Out of the material that follows, write out exactly the lines from the line with "unfolding release_slot" to the line with "-- An admission that", both ends included, and no others.

■ SUPPLIED RECORDS
Content starts

-- ===== src/Admission/Apply.antt =====
-- What app/main.py's `_try_apply_toleration` leaves behind.
use gpu_reservation_controll.Admission.{
  FreshPod, Shared, after_read_pod, hold_slot, is_terminal_phase, jittered_retry_at,
  pod_has_toleration, release_slot, toleration_key, try_apply_toleration,
}
use gpu_reservation_controll.Base.{
  Bool, Bool-cases, Dict, Distinct, Option, String, [], ap, arith, false, false≢true,
  get_or-insert_self, has_key, if◌then◌else◌, inl, inr, insert, keep, ltb, nat_eq, none, option_eq,
  refl, some, string_eq, subst, sum_by, sym, true, ℕ, ◌*◌, ◌+◌, ◌-◌, ◌<◌, ◌==◌, ◌||◌, ◌∷◌, ◌≡◌, ◌≤◌,
  ◌⊎◌,
}
use gpu_reservation_controll.State.{QueueEntry, pod_eq}
use gpu_reservation_controll.Matching.{available, gpus_of}
use gpu_reservation_controll.Occupancy.Budget.{occupants}
use gpu_reservation_controll.Occupancy.Placed.{IsValid, at, release_pod-exact}
use gpu_reservation_controll.Occupancy.{place, record_placement}

gpus_of-without :
    (uid : String) (d : Dict String ℕ)
    → has_key uid d ≡ false
    → gpus_of none d ≡ gpus_of (some uid) d
unfolding gpus_of has_key keep sum_by
gpus_of-without uid [] h = refl
gpus_of-without uid ((v, g) ∷ d) h = ground (arith, gpus_of-without uid d, string_eq.beq_iff v uid)

-- The total with a pod's own entry is the total of the others and that entry.
gpus_of-insert_any :
    (uid : String) (gpus : ℕ) (d : Dict String ℕ)
    → Distinct d
    → gpus_of none (insert uid gpus d) ≡ gpus_of (some uid) d + gpus
unfolding gpus_of insert keep sum_by
gpus_of-insert_any uid gpus [] unique = omega arith
gpus_of-insert_any uid gpus ((v, g) ∷ d) unique = elim (Bool-cases (v == uid)) [
  | inl e ↦
      let same = (string_eq.beq_iff v uid).0 e in
      let others = gpus_of-without uid d (subst (λ z. has_key z d ≡ false) same unique.0) in
      rw e (omega (arith, others))
  | inr e ↦ let others = gpus_of-insert_any uid gpus d unique.1 in rw e (omega (arith, others))
]

held_slot :
    (w : Shared) (uid : String) (entry : QueueEntry)
    → occupants (hold_slot w uid entry).controller entry.reservation.id
      ≡ insert uid entry.gpu_requested (occupants w.controller entry.reservation.id)
unfolding hold_slot record_placement place
held_slot w uid entry = get_or-insert_self entry.reservation.id _ [] w.controller.occupancy

-- An admission either is refused, which leaves the state as it was, where the reservation has fewer
-- GPUs free of other pods than are asked; or other tasks run, while its calls are awaited, in a
-- state where the reservation's pods, this one among them, hold no more than the reservation's
-- GPUs. The pod asks for a GPU, and no pod stands twice under the reservation.
pub try_apply_toleration-budget :
    (w : Shared) (uid : String) (entry : QueueEntry) (jitter now : ℕ) (fresh : Option FreshPod)
    (patched : Bool) (meanwhile : Shared → Shared)
    → Distinct (occupants w.controller entry.reservation.id)
    → 0 < entry.gpu_requested
    → ((available w.controller entry.reservation (some uid) < entry.gpu_requested)
        × ((try_apply_toleration w uid entry jitter now fresh patched meanwhile).0 ≡ w)
        × ((try_apply_toleration w uid entry jitter now fresh patched meanwhile).2 ≡ false))
      ⊎ ((gpus_of none (occupants (hold_slot w uid entry).controller entry.reservation.id)
            ≤ entry.reservation.gpu_count)
          × (try_apply_toleration w uid entry jitter now fresh patched meanwhile
              ≡ after_read_pod
                  (meanwhile (hold_slot w uid entry))
                  uid
                  entry
                  jitter
                  now
                  fresh
                  patched))
unfolding try_apply_toleration available
try_apply_toleration-budget w uid entry jitter now fresh patched meanwhile unique asks =
    elim (Bool-cases
      (ltb (available w.controller entry.reservation (some uid)) entry.gpu_requested)) [
        | inl e ↦ inl (ground arith, rw e refl, rw e refl)
        | inr e ↦ inr (
          within (ground arith) (ap (gpus_of none) (held_slot w uid entry)) (
              gpus_of-insert_any uid entry.gpu_requested
                (occupants w.controller entry.reservation.id) unique),
          rw e refl,
        )
      ]
  where
    within :
        entry.gpu_requested
          ≤ entry.reservation.gpu_count
            - gpus_of (some uid) (occupants w.controller entry.reservation.id)
        → gpus_of none (occupants (hold_slot w uid entry).controller entry.reservation.id)
          ≡ gpus_of none
              (insert uid entry.gpu_requested (occupants w.controller entry.reservation.id))
        → gpus_of none
            (insert uid entry.gpu_requested (occupants w.controller entry.reservation.id))
          ≡ gpus_of (some uid) (occupants w.controller entry.reservation.id) + entry.gpu_requested
        → gpus_of none (occupants (hold_slot w uid entry).controller entry.reservation.id)
          ≤ entry.reservation.gpu_count
    within fits held total = omega (arith, held, total)

release_slot-exact :
    (w : Shared) (uid : String)
    → IsValid w.controller.occupancy
    → (q : ℕ) (v : String)
    → at q v (release_slot w uid).controller.occupancy
      ≡ (if uid == v then none else at q v w.controller.occupancy)
unfolding release_slot
release_slot-exact w uid valid q v = (release_pod-exact w.controller uid valid q q v).0

-- An admission that was not refused for its budget and still fails, because the pod could not be
-- read or patched, is rolled back: the pod is under no reservation, every other pod is where the
-- other tasks left it, and the entry is tried again after the jittered delay. The other tasks leave
-- a valid map.
pub try_apply_toleration-rollback :
    (w : Shared) (uid : String) (entry : QueueEntry) (jitter now : ℕ) (fresh : Option FreshPod)
    (patched : Bool) (meanwhile : Shared → Shared)
    → IsValid (meanwhile (hold_slot w uid entry)).controller.occupancy
    → entry.gpu_requested ≤ available w.controller entry.reservation (some uid)
    → (try_apply_toleration w uid entry jitter now fresh patched meanwhile).2 ≡ false
    → (q : ℕ) (v : String)
    → (at q v
          (try_apply_toleration w uid entry jitter now fresh patched
            meanwhile).0.controller.occupancy
        ≡ (if uid == v
            then none
            else at q v (meanwhile (hold_slot w uid entry)).controller.occupancy))
      × ((try_apply_toleration w uid entry jitter now fresh patched meanwhile).1.next_attempt_at
          ≡ now + jitter * 1000000)
unfolding try_apply_toleration
try_apply_toleration-rollback w uid entry jitter now fresh patched meanwhile valid fits failed q v =
    elim (Bool-cases
      (ltb (available w.controller entry.reservation (some uid)) entry.gpu_requested)) [
        | inl e ↦ absurd (ground arith)
        | inr e ↦ rw e (read_back fresh (rw e at failed))
      ]
  where
    left : Shared
    left = meanwhile (hold_slot w uid entry)

    true≢false : true ≡ false → ⊥
    true≢false p = false≢true (sym p)

    read_back :
        (pod : Option FreshPod)
        → (after_read_pod left uid entry jitter now pod patched).2 ≡ false
        → (at q v (after_read_pod left uid entry jitter now pod patched).0.controller.occupancy
            ≡ (if uid == v then none else at q v left.controller.occupancy))
          × ((after_read_pod left uid entry jitter now pod patched).1.next_attempt_at
              ≡ now + jitter * 1000000)
    read_back none h =
        unfold after_read_pod jittered_retry_at in (release_slot-exact left uid valid q v, refl)
    read_back (some pod) h =
        unfold after_read_pod jittered_retry_at in
        (elim (Bool-cases (is_terminal_phase pod)) [
          | inl e ↦ absurd (true≢false (rw e at h))
          | inr e ↦
              elim (Bool-cases (
                pod_has_toleration pod toleration_key entry.gpu_class_label "NoSchedule"
                || patched)) [
                  | inl k ↦ absurd (true≢false (rw (e, k) at h))
                  | inr k ↦ rw (e, k) (release_slot-exact left uid valid q v, refl)
                ]
        ])
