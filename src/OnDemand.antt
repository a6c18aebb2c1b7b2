-- ===== src/OnDemand.antt =====
-- app/controller.py: the pods that wait for an on-demand lease, and how much of a class the
-- calendar commits over the window of a lease. `add_ondemand_candidate` reads the clock itself;
-- the instant is the argument `now` here.
pub mod Peak
use gpu_reservation_controll.Base.{
  ℕ, String, Option, none, some, Bool, true, false, ◌==◌, string_eq, nat_eq, option_eq, ◌&&◌, ◌||◌,
  not, List, [], ◌∷◌, map, Dict, get, has_key, insert, erase, values, any, keep, contains, sum_by,
  union, sort_by, ltb, leb, if◌then◌else◌,
}
use gpu_reservation_controll.Schemas.{ReservationResponse, slot_start, slot_end}
use gpu_reservation_controll.State.{ControllerState, OnDemandCandidate}
use gpu_reservation_controll.Matching.{effective_label}

-- `any(pod_uid in occupants for occupants in occupancy.values())`.
unfoldable pub is_placed : String → ControllerState → Bool
is_placed pod_uid s = any (has_key pod_uid) (values s.occupancy)

unfoldable pub add_ondemand_candidate :
    ControllerState
    → String
    → String
    → String
    → String
    → ℕ
    → ℕ
    → ℕ
    → Option String
    → Option String
    → Bool
    → Option String
    → ℕ
    → ControllerState
unfolding is_placed
add_ondemand_candidate s pod_uid pod_name pod_namespace gpu_class_label gpu_requested
      min_runtime_seconds pod_created_at group_label usage_group best_effort usage_group_source
      now =
    if is_placed pod_uid s || has_key pod_uid s.ondemand_candidates then s else record s {
      ondemand_candidates =
          insert pod_uid
            (record {
              pod_uid = pod_uid;
              pod_name = pod_name;
              pod_namespace = pod_namespace;
              gpu_class_label = gpu_class_label;
              gpu_requested = gpu_requested;
              min_runtime_seconds = min_runtime_seconds;
              pod_created_at = pod_created_at;
              next_attempt_at = now;
              group_label = group_label;
              usage_group = usage_group;
              usage_group_source = usage_group_source;
              awaiting_schedule_signal = false;
              held_by_overcommit = false;
              held_by_node_fit = false;
              placement = none;
              awaiting_capacity = false;
              best_effort = best_effort;
              lease_error_count = 0;
            })
            s.ondemand_candidates;
    }

unfoldable pub remove_ondemand_candidate : ControllerState → String → ControllerState
remove_ondemand_candidate s pod_uid = record s {
  ondemand_candidates = erase pod_uid s.ondemand_candidates;
}

-- The reservations that hold capacity of a class.
unfoldable pub commits : ControllerState → String → ReservationResponse → Bool
commits s label r =
    (r.kind == "booking" || r.kind == "on_demand")
    && (not (contains r.id s.noshow_reservation_ids) && (effective_label s r == some label))

-- The rows that a window meets.
unfoldable pub committed_rows : ControllerState → String → ℕ → ℕ → List ReservationResponse
unfolding commits
committed_rows s label start end =
    keep (λ r. commits s label r && (ltb (slot_start r) end && ltb start (slot_end r)))
      s.reservations

-- `slot_start(r) <= t < slot_end(r)`.
unfoldable pub runs_at : ℕ → ReservationResponse → Bool
runs_at t r = leb (slot_start r) t && ltb t (slot_end r)

unfoldable pub committed_at : List ReservationResponse → ℕ → ℕ
unfolding runs_at
committed_at rows t = sum_by (λ r. r.gpu_count) (keep (runs_at t) rows)

-- The start of the window and the starts inside it, in order.
unfoldable pub instants : List ReservationResponse → ℕ → List ℕ
instants rows start =
    sort_by (λ t. t)
      (union (start ∷ []) (map slot_start (keep (λ r. ltb start (slot_start r)) rows)))

-- `if committed > peak: peak, peak_at = committed, t`.
unfoldable pub higher : List ReservationResponse → ℕ × ℕ → ℕ → ℕ × ℕ
higher rows found t =
    let committed = committed_at rows t in if ltb found.0 committed then (committed, t) else found

unfoldable pub peak_loop : List ReservationResponse → ℕ × ℕ → List ℕ → ℕ × ℕ
unfolding higher
peak_loop rows found [] = found
peak_loop rows found (t ∷ ts) = peak_loop rows (higher rows found t) ts

unfoldable pub peak_committed_gpus : ControllerState → String → ℕ → ℕ → ℕ × ℕ
unfolding committed_rows instants peak_loop
peak_committed_gpus s label start end =
    let rows = committed_rows s label start end in peak_loop rows (0, start) (instants rows start)
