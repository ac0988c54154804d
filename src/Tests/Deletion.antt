-- ===== src/Tests/Deletion.antt =====
-- The removal of a direct exchange with a routing key that has no queue, at a store in memory.
use go_redis_smq.Prelude.{◌≡◌, refl, [], ◌∷◌, ok}
use go_redis_smq.Prelude.Text.{Text, codes, text_eq}
use go_redis_smq.Prelude.Decimal.{itoa, atoi}
use go_redis_smq.Keys
use go_redis_smq.Keys.{is_letter, is_valid_key_char, key, join_parts}
use go_redis_smq.Redis.Memory.{Store, memory, members, find_field}
use go_redis_smq.Redis.Transaction.{written, committed, refused}
use go_redis_smq.Exchange.Params.{type_field, type_direct, not_found}
use go_redis_smq.Exchange.Store.{validate_type}
use go_redis_smq.Exchange.Routed.{delete_tx}
use go_redis_smq.Exchange.Direct
use go_redis_smq.Exchange.Direct.Deleted.{Deleted, delete-Deleted}
use go_redis_smq.Tests.Samples.{sample_json, direct_exchange, shop}

abbrev eu : Text
eu = codes "eu"

abbrev no_queues : Store
no_queues = record {
  hashes =
      record {
        key = Keys.exchange_properties direct_exchange.at;
        field = type_field;
        value = itoa type_direct;
      }
      ∷ [];
  sets = (Keys.routing_keys direct_exchange.at, eu) ∷ [];
}

abbrev deleted : Store
deleted = (Direct.delete memory sample_json direct_exchange (λ d. d) [] no_queues).0

reads_keys : Direct.routing_keys memory sample_json direct_exchange no_queues ≡ ok (eu ∷ [])
unfolding Direct.routing_keys validate_type text_eq find_field key join_parts itoa atoi members
reads_keys = refl

deletes : (Direct.delete memory sample_json direct_exchange (λ d. d) [] no_queues).1 ≡ committed
unfolding Direct.delete Direct.routing_keys validate_type text_eq find_field key join_parts itoa
    atoi members delete_tx
deletes = refl

no_exchange :
    (Direct.delete memory sample_json direct_exchange (λ d. d) [] shop).1 ≡ refused not_found
unfolding Direct.delete Direct.routing_keys validate_type text_eq find_field key join_parts itoa
    atoi members delete_tx
no_exchange = refl

delete-Deleted_example : Deleted memory sample_json direct_exchange (eu ∷ []) no_queues deleted
unfolding is_letter is_valid_key_char written
delete-Deleted_example =
    delete-Deleted memory sample_json direct_exchange (eu ∷ []) (λ d. d) [] no_queues
      ((refl, refl), (refl, refl)) reads_keys tt deletes
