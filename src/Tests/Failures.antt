-- ===== src/Tests/Failures.antt =====
-- internal/consumer/unacknowledge.go on a concrete message.
use go_redis_smq.Prelude.{ℕ, List, ◌≡◌, ◌≤◌, refl, true, false, none, [], ◌∷◌, arith}
use go_redis_smq.Prelude.Text.{text_eq}
use go_redis_smq.Scheduling.{Message, is_periodic}
use go_redis_smq.Consumer.{
  Envelope, UnacknowledgeCause, cause_timeout, cause_consume_error, cause_ttl_expired, fail_all,
  is_expired, rebuild_envelope,
}
use go_redis_smq.Consumer.Retries.{fail_all-dead}
use go_redis_smq.Consumer.Expiry.{is_expired-rebuild_envelope}

abbrev pub task : Message
task = record {
  scheduled_cron = [];
  scheduled_delay = none;
  scheduled_repeat = 0;
  scheduled_repeat_period = none;
}

abbrev pub order : Envelope
order = record {
  producible_message = task;
  created_at = 0;
  ttl = 5000000;
  retry_threshold = 3;
  retry_delay = 0;
  attempts = 0;
}

abbrev failures : List (ℕ × UnacknowledgeCause)
failures = (10, cause_timeout) ∷ (20, cause_consume_error) ∷ (30, cause_timeout) ∷ []

three_times : fail_all 0 failures order ≡ (3, true)
unfolding fail_all is_periodic text_eq
three_times = refl

expires_at_once : fail_all 0 ((10, cause_ttl_expired) ∷ []) order ≡ (1, true)
unfolding fail_all is_periodic text_eq
expires_at_once = refl

is_expired_before : is_expired 6000000 order ≡ true
unfolding is_expired
is_expired_before = refl

fail_all-dead_example :
    let (times, dead) = fail_all 0 failures order in (times ≤ 3) × (3 ≤ 3 → dead ≡ true)
fail_all-dead_example = fail_all-dead 0 failures order

is_expired-rebuild_envelope_example : is_expired 6000000 (rebuild_envelope 0 5999000 order) ≡ false
is_expired-rebuild_envelope_example =
    is_expired-rebuild_envelope 0 5999000 6000000 order (omega arith) (omega arith)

Content ends

■ EXERCISE ANSWER
unfolding release_slot
release_slot-exact w uid valid q v = (release_pod-exact w.controller uid valid q q v).0

-- An admission that was not refused for its budget and still fails, because the pod could not be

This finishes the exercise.